Yes, you can apply yourself to crafting a portfolio designed to maximize your investment returns in accordance with your ability, willingness, and need to assume risk, but the most powerful positive indicator of success in the game of wealth accumulation is our effort to save consistently, not the savings vehicle itself.

So, how are you doing on the saving part of investing? Are you doing your part, or are you chasing and scheming to find the next great investment product?

As for your income and income potential, unless you’re a business owner or compensated based directly on the revenue you generate or manage, you likely have limited influence over how the ownership of your company will decide salary brackets (likely based on industry norms over which you have even less control), cost of living adjustments, and bonuses for 2024—but only you can influence how you invest in yourself, and therefore your career and income potential.

You decide to go back to school and get another degree or certification. You decide which book to pick up next, which podcast to listen to, which coach to hire, which connection to make, and to whom you’ll send a note of thanks for their impact on your career.

PROTECT your family, lifestyle, and property.

You can’t control the weather, other drivers, and random acts of misfortune, but you completely control your risk management approach.

You can assume the risks you can self-insure through things like emergency savings and higher deductibles. You can reduce the risk of physical harm in a car accident by wearing a seatbelt, and you can eliminate the risk of alcohol impairing your ability to drive by calling Uber or Lyft. Lastly, you can transfer the catastrophic risks you can’t assume, reduce, or eliminate with various forms of insurance—like life, health, home, auto, disability income, and long-term care insurance.

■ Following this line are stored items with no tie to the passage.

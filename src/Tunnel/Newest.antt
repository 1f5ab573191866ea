-- ===== src/Tunnel/Newest.antt =====
-- internal/tunnel/manager.go: which connection is a device's after registering and detaching.
use aisummoner.Prelude.{
  ℕ, ◌==◌, ◌≡◌, ◌≢◌, ◌∙◌, sym, refl, ap, Bool, true, false, not, Option, none, some, arith, inl,
  inr, Bool-cases, Option-cases, if◌then◌else◌,
}
use mathlib.Core.Path.{subst}
use aisummoner.Store.Data.{RowId}
use aisummoner.Tunnel.Manager.{
  Connection, Manager, owns, closed_at, begin_close, without, own_locked, close_replaced, install,
  register, reap, remove, get, is_online,
}
use aisummoner.Tunnel.Owned.{IsOwned}

-- What registering a connection does: it becomes the device's, and the one before is closed. The other
-- devices keep theirs, and neither removing the old connection nor the end of its goroutine takes it away.
pub record NewestWins (p : ℕ) (m n : Manager) : Type 0 where
  current : get ((m.heap p).device_id) n ≡ some p
  replaced : (old : ℕ) → get ((m.heap p).device_id) m ≡ some old → old ≢ p → closed_at old n ≡ true
  others :
      (d : RowId) → d ≢ (m.heap p).device_id → (get d n ≡ get d m) × (is_online d n ≡ is_online d m)
  removed : (old : ℕ) → old ≢ p → get ((m.heap p).device_id) (remove (some old) n) ≡ some p
  reaped :
      (old : ℕ) (k : Manager)
      → old ≢ p
      → reap old n ≡ some k
      → get ((m.heap p).device_id) k ≡ some p

close_replaced_get :
    (old : Option ℕ) (p : ℕ) (m : Manager) (d : RowId)
    → (close_replaced old p m).connections d ≡ m.connections d
unfolding close_replaced begin_close
close_replaced_get none p m d = refl
close_replaced_get (some o) p m d = ground arith

close_replaced_hit :
    (old : Option ℕ) (p q : ℕ) (m : Manager)
    → old ≡ some q
    → q ≢ p
    → closed_at q (close_replaced old p m) ≡ true
unfolding close_replaced begin_close
close_replaced_hit none p q m e n = absurd (cc e)
close_replaced_hit (some o) p q m e n = ground (arith, e)

pub is_online_lem :
    (d : RowId) (q : ℕ) (m : Manager)
    → m.connections d ≡ some q
    → is_online d m ≡ not (closed_at q m)
unfolding is_online get
is_online_lem d q m e = rw (e, is_online, get) refl

pub is_online_off : (d : RowId) (m : Manager) → m.connections d ≡ none → is_online d m ≡ false
unfolding is_online get
is_online_off d m e = rw (e, is_online, get) refl

close_replaced_miss :
    (old : Option ℕ) (p q : ℕ) (m : Manager)
    → old ≢ some q
    → closed_at q (close_replaced old p m) ≡ closed_at q m
unfolding close_replaced begin_close
close_replaced_miss none p q m n = refl
close_replaced_miss (some o) p q m n = ground arith

own_locked_same :
    (p q : ℕ) (m : Manager) (d : RowId)
    → ((own_locked p m).connections d ≡ m.connections d) × ((own_locked p m).heap q ≡ m.heap q)
unfolding own_locked
own_locked_same p q m d = elim (Bool-cases (owns p m)) [
  | inl old ↦ rw old (refl, refl)
  | inr new ↦ rw new (refl, refl)
]

without_other :
    (p old : ℕ) (m : Manager) (d : RowId)
    → m.connections d ≡ some p
    → old ≢ p
    → without old m d ≡ some p
without_other p old m d e n = ground arith

if_false {ℓ} : {A : Type ℓ} (b : Bool) (x y : A) → b ≡ false → (if b then x else y) ≡ y
if_false true x y h = absurd (cc)
if_false false x y h = refl

abbrev installed : ℕ → Manager → Manager
installed p m = install p (own_locked p m)

registered_state : ℕ → Manager → Manager
registered_state p m = close_replaced (m.connections ((m.heap p).device_id)) p (installed p m)

register_lem :
    (p : ℕ) (m : Manager)
    → m.closing ≡ false
    → register (some p) m ≡ ((get ((m.heap p).device_id) m, true), registered_state p m)
unfolding register get registered_state
register_lem p m live = if_false (m.closing) _ _ live

reap_get :
    (p old : ℕ) (m k : Manager) (d : RowId)
    → m.connections d ≡ some p
    → old ≢ p
    → reap old m ≡ some k
    → k.connections d ≡ some p
unfolding reap
reap_get p old m k d e n r = ground (arith, without_other p old m d e n)

module _ (p : ℕ) (m : Manager) (o : IsOwned m) where
  installed_get :
      (d : RowId)
      → (installed p m).connections d
        ≡ (if d == (m.heap p).device_id then some p else m.connections d)
  installed_get d = ground (arith, own_locked_same p p m d)

  state_get :
      (d : RowId)
      → (registered_state p m).connections d
        ≡ (if d == (m.heap p).device_id then some p else m.connections d)
  unfolding registered_state
  state_get d =
      close_replaced_get (m.connections ((m.heap p).device_id)) p (installed p m) d
      ∙ installed_get d

  current_get : (registered_state p m).connections ((m.heap p).device_id) ≡ some p
  current_get = ground (arith, state_get ((m.heap p).device_id))

  state_closed :
      (q : ℕ)
      → m.connections ((m.heap p).device_id) ≢ some q
      → closed_at q (registered_state p m) ≡ closed_at q m
  unfolding registered_state
  state_closed q n =
      close_replaced_miss (m.connections ((m.heap p).device_id)) p q (installed p m) n
      ∙ ap Connection.closed (own_locked_same p q m 0).1

  others_online :
      (d : RowId) → d ≢ (m.heap p).device_id → is_online d (registered_state p m) ≡ is_online d m
  others_online d n = elim (Option-cases (m.connections d)) [
    | inl off ↦ is_online_off d (registered_state p m) (state_is off) ∙ sym (is_online_off d m off)
    | inr (q, at) ↦
        is_online_lem d q (registered_state p m) (state_is at)
        ∙ ap not (
            state_closed q
              (λ e. n (sym (o.registered d q at).1 ∙ (o.registered ((m.heap p).device_id) q e).1)))
        ∙ sym (is_online_lem d q m at)
  ]
    where
      state_is : {v : Option ℕ} → m.connections d ≡ v → (registered_state p m).connections d ≡ v
      state_is e = ground (arith, state_get d)

  state_replaced :
      (old : ℕ)
      → m.connections ((m.heap p).device_id) ≡ some old
      → old ≢ p
      → closed_at old (registered_state p m) ≡ true
  unfolding registered_state
  state_replaced old e n =
      close_replaced_hit (m.connections ((m.heap p).device_id)) p old (installed p m) e n

  state-NewestWins : NewestWins p m (registered_state p m)
  unfolding get remove
  state-NewestWins = record {
    current = current_get;
    replaced = state_replaced;
    others = λ d n. (ground (arith, state_get d), others_online d n);
    removed =
        λ old n. without_other p old (registered_state p m) ((m.heap p).device_id) current_get n;
    reaped =
        λ old k n e. reap_get p old (registered_state p m) k ((m.heap p).device_id) current_get n e;
  }

  -- A manager that is not closing accepts a connection and returns the one before it. The new one is then
  -- the device's, the one before is closed, other devices keep theirs and are online as before, and
  -- neither removing the old connection nor the end of its goroutine takes the new one away.
  pub register-NewestWins :
      m.closing ≡ false
      → ((register (some p) m).0 ≡ (get ((m.heap p).device_id) m, true))
        × NewestWins p m (register (some p) m).1
  register-NewestWins live = (
    ap (λ (x : (Option ℕ × Bool) × Manager). x.0) (register_lem p m live),
    subst (NewestWins p m)
        (sym (ap (λ (x : (Option ℕ × Bool) × Manager). x.1) (register_lem p m live)))
        state-NewestWins,
  )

GIVE to the people and causes most important to you.

You can’t be generous when you’re dead,” writes author and former hedge fund manager, Bill Perkins, but you can build a legacy while you’re still alive—and you can retain a surprising amount of control, even after death, with thoughtfully crafted estate planning documents.

Most people don’t label themselves charitable or philanthropic, but we all have people and causes who are important to us, and giving is a practice that is much broader than giving enough to your alma mater that they put your name on a building.

For example, your 529 education savings plans to help fund your children’s college education—those are GIVE accounts. Your estate planning documents are a major part of your giving campaign, but so are the experiences you craft for your family, the funding for which inevitably comes at the expense of one of your other three “buckets.”

Of course, there are the causes we give to financially, but also those we serve physically. As Chris Guillebeau said in a recent post, helping someone in need “works because it gets our eyes off the things that are troubling us. It doesn’t solve everything, but it does make things better.”

And would you believe this? While every major religion has lauded the benefits of generosity and the medical community has confirmed that we receive myriad physiological and psychological benefits from giving, newer research also suggests that those who give more ironically tend to have more. Or, as Dr. Daniel Crosby writes in his excellent new book, The Soul of Wealth, “giving is the path to abundance.”

LIVE confidently with financial freedom.

You may have less control over whether you could be mathematically deemed “financially independent” today, but you absolutely have control over your ability to live confidently with financial freedom.

How? By giving every dollar a purpose. Financial independence is when you have enough income-generating assets to work because you want to, not because you have to—or not at all. But by applying purpose to every dollar that comes in—by deliberately deploying your income in pursuit of those GROW, PROTECT, and GIVE goals that we discussed above—then you can LIVE confidently, knowing you’ve done your part. And that sense of agency or control gives us that illusive financial freedom.